The problem – Copy each line from the records below in which the word "attempt" is found.

Stored data

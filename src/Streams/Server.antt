-- ===== src/Streams/Server.antt =====
-- `ServerStream` of include/tinvest/streams/server_stream.hpp: its state and its handlers.
use tinkoff_invest_sdkv.Prelude.{
  Bool, true, false, if◌then◌else◌, List, [], ◌∷◌, ◌++◌, map, Option, none, some, ◌≡◌, refl, ap,
  ◌∙◌, Bool-cases, inl, inr,
}
use tinkoff_invest_sdkv.Error.{Status}

pub record ServerStream : Type 0 where
  pub worker : Bool
  pub stopping : Bool
  pub done : Bool
  pub got_data : Bool
  pub status : Status
  pub ctx : Bool

pub data ServerEffect : Type 0 where
  tries_cancel wakes_all : ServerEffect

unfoldable pub start : ServerStream → ServerStream × Bool
start s = if s.worker then (s, false) else (record s { stopping = false; worker = true }, true)

unfoldable pub stop : ServerStream → ServerStream × List ServerEffect
stop s = (
  record s { stopping = true; worker = false },
  (if s.ctx then tries_cancel ∷ [] else []) ++ wakes_all ∷ [],
)

-- The top of a round and the first critical section of `run_once`: whether a call is begun.
unfoldable pub begin_call : ServerStream → ServerStream × Bool
begin_call s =
    if s.stopping
    then (record s { got_data = false }, false)
    else (record s { got_data = false; ctx = true; done = false }, true)

unfoldable pub handle_done : ServerStream → Status → ServerStream × List ServerEffect
handle_done s status = (record s { status = status; done = true }, wakes_all ∷ [])

-- `run_once` goes on when the call is done.
unfoldable pub end_call : ServerStream → ServerStream × Status
end_call s = (record s { ctx = false }, s.status)

-- What a message leads to: the notification `connected`, and the user's callback.
pub data Delivery {ℓ} (A : Type ℓ) : Type ℓ where
  hears_connected : Delivery A
  delivers : A → Delivery A

-- The end of `handle_data`, behind the ping filter, if one is set.
unfoldable pub pass {ℓ} : {A : Type ℓ} → Option (A → Bool) → A → List (Delivery A)
pass none a = delivers a ∷ []
pass (some is_ping) a = if is_ping a then [] else delivers a ∷ []

-- `handle_data` with a data callback.
unfoldable pub handle_data {ℓ} :
    {A : Type ℓ} → Option (A → Bool) → ServerStream → A → ServerStream × List (Delivery A)
handle_data is_ping s a =
    if s.got_data
    then (s, pass is_ping a)
    else (record s { got_data = true }, hears_connected ∷ pass is_ping a)

-- The messages of one call, in their order.
unfoldable pub receive_all {ℓ} :
    {A : Type ℓ} → Option (A → Bool) → ServerStream → List A → List (Delivery A)
receive_all is_ping s [] = []
receive_all is_ping s (a ∷ xs) =
    let (t, es) = handle_data is_ping s a in es ++ receive_all is_ping t xs

-- The messages that are no pings.
unfoldable pub payload {ℓ} : {A : Type ℓ} → Option (A → Bool) → List A → List A
payload none xs = xs
payload (some is_ping) [] = []
payload (some is_ping) (a ∷ xs) =
    let rest = payload (some is_ping) xs in if is_ping a then rest else a ∷ rest

handle_data_later {ℓ} :
    {A : Type ℓ} (is_ping : Option (A → Bool)) (s : ServerStream) (a : A)
    → s.got_data ≡ true
    → handle_data is_ping s a ≡ (s, pass is_ping a)
unfolding handle_data
handle_data_later is_ping s a h =
    ap
      (λ b.
        if b
        then (s, pass is_ping a)
        else (record s { got_data = true }, hears_connected ∷ pass is_ping a))
      h

pass-payload {ℓ} :
    {A : Type ℓ} (is_ping : Option (A → Bool)) (a : A) (xs : List A)
    → pass is_ping a ++ map delivers (payload is_ping xs) ≡ map delivers (payload is_ping (a ∷ xs))
unfolding pass payload
pass-payload none a [] = refl
pass-payload none a (x ∷ xs) = refl
pass-payload (some is_ping) a xs = elim (Bool-cases (is_ping a)) [
  | inl t ↦ rw t refl
  | inr t ↦ rw t refl
]

receive_rest {ℓ} :
    {A : Type ℓ} (is_ping : Option (A → Bool)) (s : ServerStream) (xs : List A)
    → s.got_data ≡ true
    → receive_all is_ping s xs ≡ map delivers (payload is_ping xs)
unfolding receive_all payload
receive_rest none s [] h = refl
receive_rest (some is_ping) s [] h = refl
receive_rest is_ping s (a ∷ xs) h =
    ap (λ p. p.1 ++ receive_all is_ping p.0 xs) (handle_data_later is_ping s a h)
    ∙ ap (λ es. pass is_ping a ++ es) (receive_rest is_ping s xs h)
    ∙ pass-payload is_ping a xs

receive_first {ℓ} :
    {A : Type ℓ} (is_ping : Option (A → Bool)) (s : ServerStream) (x : A) (xs : List A)
    → s.got_data ≡ false
    → receive_all is_ping s (x ∷ xs)
      ≡ hears_connected ∷ receive_all is_ping (record s { got_data = true }) (x ∷ xs)
unfolding receive_all handle_data
receive_first is_ping s x xs h = rw h refl

-- A call on which messages come notifies `connected` once, before all else, also when the first
-- message is a ping; and the user gets every message that is no ping, once and in order.
pub receive_all_lem {ℓ} :
    {A : Type ℓ} (is_ping : Option (A → Bool)) (s : ServerStream) (x : A) (xs : List A)
    → receive_all is_ping (begin_call s).0 (x ∷ xs)
      ≡ hears_connected ∷ map delivers (payload is_ping (x ∷ xs))
receive_all_lem is_ping s x xs =
    receive_first is_ping (begin_call s).0 x xs (no_data s)
    ∙ ap (λ es. hears_connected ∷ es)
        (receive_rest is_ping (record (begin_call s).0 { got_data = true }) (x ∷ xs) refl)
  where
    no_data : (s : ServerStream) → (begin_call s).0.got_data ≡ false
    no_data s = elim (Bool-cases s.stopping) [
      | inl t ↦ unfold begin_call in (rw t refl)
      | inr t ↦ unfold begin_call in (rw t refl)
    ]
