-- ===== src/Streams/World.antt =====
-- The stream of include/tinvest/streams/server_stream.hpp beside its thread and its gRPC call: the
-- steps that user threads, the worker in its loop `run` and the callbacks of the reactor make, in any
-- order that gRPC allows. IsTimely sets aside a `start` while a `stop` waits.
use tinkoff_invest_sdkv.Prelude.{
  ◌≡◌, ℕ, Bool, true, false, not, ◌||◌, if◌then◌else◌, List, [], ◌∷◌, none,
}
use tinkoff_invest_sdkv.Error.{Status}
use tinkoff_invest_sdkv.Streams.{StreamOptions, Notice}
use tinkoff_invest_sdkv.Streams.Progress.{
  Progress, Place, absent, top, announced, opening, calling, returned, waiting, is_absent, looks,
  begin, announce, enter, go_to, hear_data, broken, back_off, end, farewell,
}
use tinkoff_invest_sdkv.Streams.Server.{
  ServerStream, ServerEffect, tries_cancel, wakes_all, start, stop, begin_call, handle_done,
  end_call, handle_data,
}

unfoldable pub has_context : Place → Bool
has_context absent = false
has_context top = false
has_context announced = false
has_context opening = true
has_context calling = true
has_context returned = false
has_context waiting = false

unfoldable pub is_calling : Place → Bool
is_calling absent = false
is_calling top = false
is_calling announced = false
is_calling opening = false
is_calling calling = true
is_calling returned = false
is_calling waiting = false

-- `active`: the call has begun and `OnDone` has not come. `cancelled`: `TryCancel` was called on its
-- context. `joining`: a `stop` waits for the thread. `misuse`: a second thread was started beside the
-- first, which is not followed from then on, or a context or a reactor was used that `run_once` does not hold.
pub record World : Type 0 where
  pub stream : ServerStream
  pub place : Place
  pub attempt : ℕ
  pub log : List Notice
  pub active : Bool
  pub cancelled : Bool
  pub joining : Bool
  pub misuse : Bool

-- How far the thread is.
abbrev pub progress : World → Progress
progress w = record { place = w.place; attempt = w.attempt; log = w.log; heard = w.stream.got_data }

-- The thread goes on, and the stream becomes another.
abbrev pub go_on : Progress → ServerStream → World → World
go_on p s w = record w { stream = s; place = p.place; attempt = p.attempt; log = p.log }

unfoldable pub perform : World → List ServerEffect → World
perform w [] = w
perform w (tries_cancel ∷ es) =
    perform (record w { misuse = w.misuse || not (has_context w.place); cancelled = true }) es
perform w (wakes_all ∷ es) = perform w es

-- `start` and the thread that it makes.
unfoldable pub started : World → World
started w =
    let (s, spawned) = start w.stream in
    if spawned
    then record (go_on (begin (progress w)) s w) { misuse = w.misuse || not (is_absent w.place) }
    else record w { stream = s }

-- `stop` up to its `join`.
unfoldable pub halted : World → World
halted w =
    let (s, es) = stop w.stream in
    perform (record w { stream = s; joining = w.joining || w.stream.worker }) es

abbrev pub heralded : World → World
heralded w = go_on (announce (progress w)) w.stream w

-- The critical section of `run_once`, for a new context.
abbrev pub opened : World → World
opened w = record (go_on (enter opening (progress w)) (begin_call w.stream).0 w) {
  cancelled = false;
}

-- `run_once` finds `stopping_` there and returns at once.
abbrev pub refused : World → World
refused w = go_on (enter returned (progress w)) (begin_call w.stream).0 w

abbrev pub called : World → World
called w = record (go_on (go_to calling (progress w)) w.stream w) { active = true }

-- `OnReadDone` with a message, whatever it is.
unfoldable pub received : World → World
received w = record (go_on (hear_data (progress w)) (handle_data {0} none w.stream tt).0 w) {
  misuse = w.misuse || not (is_calling w.place);
}

unfoldable pub finished : World → Status → World
finished w status = record w {
  stream = (handle_done w.stream status).0;
  active = false;
  misuse = w.misuse || not (is_calling w.place);
}

abbrev pub closed : World → World
closed w = go_on (go_to returned (progress w)) (end_call w.stream).0 w

-- The end of a round, up to the wait, and the round after it.
abbrev pub backed_off : StreamOptions → World → World
backed_off o w = go_on (back_off o w.stream.status (progress w)) w.stream w

abbrev pub retried : World → World
retried w = go_on (go_to top (progress w)) w.stream w

abbrev pub ended : List Notice → World → World
ended ns w = go_on (end ns (progress w)) w.stream w

pub data Step (o : StreamOptions) : World → World → Type 0 where
  starts : (w : World) → Step o w (started w)
  stops : (w : World) → Step o w (halted w)
  joins :
      (w : World) → w.joining ≡ true → w.place ≡ absent → Step o w (record w { joining = false })
  announces : (w : World) → w.place ≡ top → w.stream.stopping ≡ false → Step o w (heralded w)
  opens : (w : World) → w.place ≡ announced → w.stream.stopping ≡ false → Step o w (opened w)
  refuses : (w : World) → w.place ≡ announced → w.stream.stopping ≡ true → Step o w (refused w)
  calls : (w : World) → w.place ≡ opening → Step o w (called w)
  receives : (w : World) → w.active ≡ true → Step o w (received w)
  finishes : (w : World) (status : Status) → w.active ≡ true → Step o w (finished w status)
  closes : (w : World) → w.place ≡ calling → w.stream.done ≡ true → Step o w (closed w)
  breaks :
      (w : World)
      → w.place ≡ returned
      → w.stream.stopping ≡ false
      → o.reconnect ≡ true
      → Step o w (backed_off o w)
  gives_up :
      (w : World)
      → w.place ≡ returned
      → w.stream.stopping ≡ false
      → o.reconnect ≡ false
      → Step o w (ended (broken w.stream.status ∷ farewell) w)
  retries : (w : World) → w.place ≡ waiting → w.stream.stopping ≡ false → Step o w (retried w)
  ends : (w : World) → looks w.place ≡ true → w.stream.stopping ≡ true → Step o w (ended farewell w)

pub data Reach (o : StreamOptions) (v : World) : World → Type 0 where
  here : Reach o v v
  next : {w u : World} → Reach o v w → Step o w u → Reach o v u

-- No `start` comes while a `stop` waits for the thread.
abbrev pub IsTimely : {o : StreamOptions} {w u : World} → Step o w u → Type 0
IsTimely (starts w) = w.joining ≡ false
IsTimely _ = Unit

abbrev pub AllTimely : {o : StreamOptions} {v w : World} → Reach o v w → Type 0
AllTimely here = Unit
AllTimely (next r s) = AllTimely r × IsTimely s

Task output –
  pub attempt : ℕ
progress w = record { place = w.place; attempt = w.attempt; log = w.log; heard = w.stream.got_data }
go_on p s w = record w { stream = s; place = p.place; attempt = p.attempt; log = p.log }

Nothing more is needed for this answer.